Parents think they can hand children permanent confidence – like a gift – by praising their brains and talent. It doesn’t work and in fact has the opposite effect. It makes children doubt themselves as soon as anything is hard or anything goes wrong. If parents want to give their children a gift, the best thing they can do is teach their children to love challenges, be intrigued by mistakes, enjoy effort, and keep on learning. That way, their children don’t have to be slaves of praise. They will have a lifelong way to build and repair their own confidence.
Dweck has experimentally demonstrated that praising children’s intelligence causes them to perform worse and to refuse to exert effort. Praising their hard work leads to children who enjoy a challenge. This also holds in the face of failure. We should encourage exerting more effort, rather than judging character when a child fails.
You can read more about Dweck’s research here: Mindset Works.
Resilience in the face of failure is critical in preventing feelings of helplessness. In order to excel, a student must be continually challenged and fail a lot. Without an appropriate mindset, this just isn’t possible. This is not to say that students should just be rewarded for effort, with no value placed on achievement. Achievement is and should be rewarding. The difference is in how failure is handled. You want children to go into challenging situations with an attitude that they can improve if they work harder. Otherwise, each situation is viewed as a judgment on their innate ability, and failure is devastating.

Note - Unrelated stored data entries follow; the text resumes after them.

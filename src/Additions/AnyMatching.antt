-- ===== src/Additions/AnyMatching.antt =====
-- The regexes of a list, by the answer of a search for the index of one that matches.
use regexkit.Base.{
  ℕ, zero, suc, ◌≡◌, ◌<◌, refl, sym, arith, Bool, true, false, not, Option, some, some-injective,
  List, [], ◌∷◌, length, get_elem?,
}
use regexkit.Additions.ObjectsHeader.{any, IsAnyMatching, chosen, unmatched}
use regexkit.Additions.Objects.{regex_at, test_at}
use regexkit.Sorted.{is_none}
use regexkit.Sorted.Right
use regexkit.Sorted.Right.{IsRight}

module _ {R : Type 0} (test : R → Bool) where
  pub element_there : (rs : List R) (i : ℕ) → i < length rs → (r : R) × (get_elem? rs i ≡ some r)
  element_there [] i e = absurd (omega (arith, e))
  element_there (r ∷ rs) zero e = (r, refl)
  element_there (r ∷ rs) (suc i) e = element_there rs i (omega (arith, e))

  any-true :
      (rs : List R) (i : ℕ) (r : R) → get_elem? rs i ≡ some r → test r ≡ true → any test rs ≡ true
  any-true [] i r e m = absurd (ground (arith, e))
  any-true (s ∷ rs) zero r e m = rw (some-injective _ _ e, m) refl
  any-true (s ∷ rs) (suc i) r e m = let rest = any-true rs i r e m in ground (arith, rest)

  any-false :
      (rs : List R) → ((i : ℕ) → i < length rs → test_at test rs i ≡ false) → any test rs ≡ false
  any-false [] h = refl
  any-false (r ∷ rs) h =
      let rest = any-false rs (λ i e. h (suc i) (omega (arith, e))) in
      let here = h 0 (omega arith) in rw (here, rest) refl

  pub right-IsAnyMatching :
      (rs : List R) (answer : Option ℕ)
      → IsRight (length rs) (test_at test rs) answer
      → IsAnyMatching test rs (regex_at rs answer)
  right-IsAnyMatching rs answer (Right.matching i e m) =
      let (r, f) = element_there rs i e in rw f (chosen i r f (rw (f, test_at) at m))
  right-IsAnyMatching rs answer (Right.unmatched h) = unmatched (any-false rs h)

  pub found-any :
      (rs : List R) (r : Option R) → IsAnyMatching test rs r → not (is_none r) ≡ any test rs
  found-any rs r (chosen i s e m) = sym (any-true rs i s e m)
  found-any rs r (unmatched h) = sym h
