attempt_qualified : is_qualified attempt.readiness ≡ true
unfolding silent is_space lstrip rstrip strip show_nat ◌+ℤ◌ ◌-ℤ◌ ◌*ℤ◌
    dumpectorist.Prelude.Fixed.fixed place_by sort_by greatest_from candle_decimal check_range
    check_prices ohlcv_candle check_member check_members candle_batch is_chronological all_aware
    decimal_at_least decimal_between check_evidence support_zone check_measures structure_event
    timeframe_structure_evidence htf_structure_analysis join_bars structure_event_rules
    validate_inputs body_fraction sum_volume average_ratio volume_ratio event_id_of event_of
    is_below is_above is_confirmed turn_of return_event after_break break_event pending_event
    expiry_event before_break relevant_to build_structure_events evidence_of evidence_from_events
    check_share support_zone_rules validate_series validate_candles least_low lowest middle_of
    median_price is_pivot add_pivot pivot_step pivots_from find_pivots untrapped is_near
    clusters_from cluster_sorted cluster_pivots zone_id_of is_stronger is_rejected count_rejections
    padding zone_low zone_high width_bps strength zone_of zone_of_ordered zone_from_cluster zones_of
    derive_support_zones dumpectorist.Setups.Reclaim.reclaim_rules check_place check_values
    check_rejection check_outcome reclaim_attempt penetration_bps candle_body_fraction bounce_ratio
    highest same_candle attempt_id_of validate_break validate_stream volume_component
    volume_warnings quality_of closes_above reclaim_from
    dumpectorist.Setups.Reclaim.Engine.successful_reclaim_index first_attempt_index is_rejection
    rejection_index result_of findings_over untested unretested reclaimed continuation_warnings
    continuation_quality continued continuation_trigger continuation_result unattempted
    unless_continued without_attempt unrejected waiting pulled_back settled rejected with_attempt
    dumpectorist.Setups.Reclaim.Engine.Analysis.relevant_after analyze_relevant
    dumpectorist.Setups.Reclaim.Engine.Analysis.analyze_reclaim_attempt
    dumpectorist.Setups.Reclaim.Engine.Verdict.is_reclaimed starts_run
    dumpectorist.Setups.Reclaim.Engine.Runs.has_run confirmed_breaks attempt_of attempt_of_latest
    dumpectorist.Setups.Reclaim.FromStructure.derive_reclaim_from_structure bearing_of
    is_less_recent is_earlier_event primary_of trace_zones analyze_higher_timeframe
attempt_qualified = refl

analyze_reclaim_attempt-is_reclaimed_example :
    is_successful attempt.outcome
    ≡ is_reclaimed silent fixed rules zone event broken
        (relevant_after silent fixed rules zone event broken twelve)
analyze_reclaim_attempt-is_reclaimed_example =
    analyze_reclaim_attempt-is_reclaimed silent fixed rules zone event broken twelve attempt
      rules-ok
      (get_ok-eq (analyze_reclaim_attempt silent fixed rules zone event broken twelve) attempt_made)

analyze_reclaim_attempt-IsTriggered_example :
    IsTriggered silent fixed rules zone event broken
      (relevant_after silent fixed rules zone event broken twelve)
      attempt
analyze_reclaim_attempt-IsTriggered_example =
    analyze_reclaim_attempt-IsTriggered silent fixed rules zone event broken twelve attempt
      (get_ok-eq (analyze_reclaim_attempt silent fixed rules zone event broken twelve) attempt_made)
      attempt_qualified

successful_reclaim_index-run_example :
    is_some (
      successful_reclaim_index silent fixed rules zone broken
        (four_hours 9 1010 1050 1000 1040 ∷ four_hours 10 1040 1050 1030 1035 ∷ []))
    ≡ has_run silent fixed rules zone 2
        (broken ∷ four_hours 9 1010 1050 1000 1040 ∷ four_hours 10 1040 1050 1030 1035 ∷ [])
successful_reclaim_index-run_example =
    successful_reclaim_index-run silent fixed rules zone broken
      (four_hours 9 1010 1050 1000 1040 ∷ four_hours 10 1040 1050 1030 1035 ∷ []) (omega arith)

reclaimed_run :
    has_run silent fixed rules zone 2
      (broken ∷ four_hours 9 1010 1050 1000 1040 ∷ four_hours 10 1040 1050 1030 1035 ∷ [])
    ≡ true
unfolding silent is_space lstrip rstrip strip show_nat ◌+ℤ◌ ◌-ℤ◌ ◌*ℤ◌
    dumpectorist.Prelude.Fixed.fixed place_by sort_by greatest_from candle_decimal check_range
    check_prices ohlcv_candle check_member check_members candle_batch is_chronological all_aware
    decimal_at_least decimal_between check_evidence support_zone check_measures structure_event
    timeframe_structure_evidence htf_structure_analysis join_bars structure_event_rules
    validate_inputs body_fraction sum_volume average_ratio volume_ratio event_id_of event_of
    is_below is_above is_confirmed turn_of return_event after_break break_event pending_event
    expiry_event before_break relevant_to build_structure_events evidence_of evidence_from_events
    check_share support_zone_rules validate_series validate_candles least_low lowest middle_of
    median_price is_pivot add_pivot pivot_step pivots_from find_pivots untrapped is_near
    clusters_from cluster_sorted cluster_pivots zone_id_of is_stronger is_rejected count_rejections
    padding zone_low zone_high width_bps strength zone_of zone_of_ordered zone_from_cluster zones_of
    derive_support_zones dumpectorist.Setups.Reclaim.reclaim_rules check_place check_values
    check_rejection check_outcome reclaim_attempt penetration_bps candle_body_fraction bounce_ratio
    highest same_candle attempt_id_of validate_break validate_stream volume_component
    volume_warnings quality_of closes_above reclaim_from
    dumpectorist.Setups.Reclaim.Engine.successful_reclaim_index first_attempt_index is_rejection
    rejection_index result_of findings_over untested unretested reclaimed continuation_warnings
    continuation_quality continued continuation_trigger continuation_result unattempted
    unless_continued without_attempt unrejected waiting pulled_back settled rejected with_attempt
    dumpectorist.Setups.Reclaim.Engine.Analysis.relevant_after analyze_relevant
    dumpectorist.Setups.Reclaim.Engine.Analysis.analyze_reclaim_attempt
    dumpectorist.Setups.Reclaim.Engine.Verdict.is_reclaimed starts_run
    dumpectorist.Setups.Reclaim.Engine.Runs.has_run confirmed_breaks attempt_of attempt_of_latest
    dumpectorist.Setups.Reclaim.FromStructure.derive_reclaim_from_structure bearing_of
    is_less_recent is_earlier_event primary_of trace_zones analyze_higher_timeframe
reclaimed_run = refl

abbrev some_attempt : Result (Option (ReclaimAttempt ℤ))
some_attempt =
    derive_reclaim_from_structure silent fixed no_text_lt any_zone rules day_batch analysis

derivation_made : is_ok some_attempt ≡ true
unfolding silent is_space lstrip rstrip strip show_nat ◌+ℤ◌ ◌-ℤ◌ ◌*ℤ◌
    dumpectorist.Prelude.Fixed.fixed place_by sort_by greatest_from candle_decimal check_range
    check_prices ohlcv_candle check_member check_members candle_batch is_chronological all_aware
    decimal_at_least decimal_between check_evidence support_zone check_measures structure_event
    timeframe_structure_evidence htf_structure_analysis join_bars structure_event_rules
    validate_inputs body_fraction sum_volume average_ratio volume_ratio event_id_of event_of
    is_below is_above is_confirmed turn_of return_event after_break break_event pending_event
    expiry_event before_break relevant_to build_structure_events evidence_of evidence_from_events
    check_share support_zone_rules validate_series validate_candles least_low lowest middle_of
    median_price is_pivot add_pivot pivot_step pivots_from find_pivots untrapped is_near
    clusters_from cluster_sorted cluster_pivots zone_id_of is_stronger is_rejected count_rejections
    padding zone_low zone_high width_bps strength zone_of zone_of_ordered zone_from_cluster zones_of
    derive_support_zones dumpectorist.Setups.Reclaim.reclaim_rules check_place check_values
    check_rejection check_outcome reclaim_attempt penetration_bps candle_body_fraction bounce_ratio
    highest same_candle attempt_id_of validate_break validate_stream volume_component
    volume_warnings quality_of closes_above reclaim_from
    dumpectorist.Setups.Reclaim.Engine.successful_reclaim_index first_attempt_index is_rejection
    rejection_index result_of findings_over untested unretested reclaimed continuation_warnings
    continuation_quality continued continuation_trigger continuation_result unattempted
    unless_continued without_attempt unrejected waiting pulled_back settled rejected with_attempt
    dumpectorist.Setups.Reclaim.Engine.Analysis.relevant_after analyze_relevant
    dumpectorist.Setups.Reclaim.Engine.Analysis.analyze_reclaim_attempt
    dumpectorist.Setups.Reclaim.Engine.Verdict.is_reclaimed starts_run
    dumpectorist.Setups.Reclaim.Engine.Runs.has_run confirmed_breaks attempt_of attempt_of_latest
    dumpectorist.Setups.Reclaim.FromStructure.derive_reclaim_from_structure bearing_of
    is_less_recent is_earlier_event primary_of trace_zones analyze_higher_timeframe
derivation_made = refl

derivation_there : is_some (get_ok some_attempt derivation_made) ≡ true
unfolding silent is_space lstrip rstrip strip show_nat ◌+ℤ◌ ◌-ℤ◌ ◌*ℤ◌
    dumpectorist.Prelude.Fixed.fixed place_by sort_by greatest_from candle_decimal check_range
    check_prices ohlcv_candle check_member check_members candle_batch is_chronological all_aware
    decimal_at_least decimal_between check_evidence support_zone check_measures structure_event
    timeframe_structure_evidence htf_structure_analysis join_bars structure_event_rules
    validate_inputs body_fraction sum_volume average_ratio volume_ratio event_id_of event_of
    is_below is_above is_confirmed turn_of return_event after_break break_event pending_event
    expiry_event before_break relevant_to build_structure_events evidence_of evidence_from_events
    check_share support_zone_rules validate_series validate_candles least_low lowest middle_of
    median_price is_pivot add_pivot pivot_step pivots_from find_pivots untrapped is_near
    clusters_from cluster_sorted cluster_pivots zone_id_of is_stronger is_rejected count_rejections
    padding zone_low zone_high width_bps strength zone_of zone_of_ordered zone_from_cluster zones_of
    derive_support_zones dumpectorist.Setups.Reclaim.reclaim_rules check_place check_values
    check_rejection check_outcome reclaim_attempt penetration_bps candle_body_fraction bounce_ratio
    highest same_candle attempt_id_of validate_break validate_stream volume_component
    volume_warnings quality_of closes_above reclaim_from
    dumpectorist.Setups.Reclaim.Engine.successful_reclaim_index first_attempt_index is_rejection
    rejection_index result_of findings_over untested unretested reclaimed continuation_warnings
    continuation_quality continued continuation_trigger continuation_result unattempted
    unless_continued without_attempt unrejected waiting pulled_back settled rejected with_attempt
    dumpectorist.Setups.Reclaim.Engine.Analysis.relevant_after analyze_relevant
    dumpectorist.Setups.Reclaim.Engine.Analysis.analyze_reclaim_attempt
    dumpectorist.Setups.Reclaim.Engine.Verdict.is_reclaimed starts_run
    dumpectorist.Setups.Reclaim.Engine.Runs.has_run confirmed_breaks attempt_of attempt_of_latest
    dumpectorist.Setups.Reclaim.FromStructure.derive_reclaim_from_structure bearing_of
    is_less_recent is_earlier_event primary_of trace_zones analyze_higher_timeframe
derivation_there = refl

derive_reclaim_from_structure-IsAbout_example :
    IsAbout silent fixed no_text_lt any_zone rules day_batch analysis
      (get_some (get_ok some_attempt derivation_made) derivation_there)
derive_reclaim_from_structure-IsAbout_example =
    derive_reclaim_from_structure-IsAbout silent fixed no_text_lt any_zone rules day_batch analysis
      (get_some (get_ok some_attempt derivation_made) derivation_there) rules-ok
      (get_ok-eq some_attempt derivation_made
        ∙ ap ok (get_some-eq (get_ok some_attempt derivation_made) derivation_there))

These two lines of research overlap and compliment each other, and I highly recommend both books to parents, and to adults who suffer self-esteem issues. They have definitely challenged the way that we approach talking about success and failure to our children, and have caused us to reevaluate the way we talk to ourselves about our own lives. Again in the theme of correcting your own flaws first, parents need to make sure they have a healthy approach to their own development, success, and failure if they want to pass that on to their children.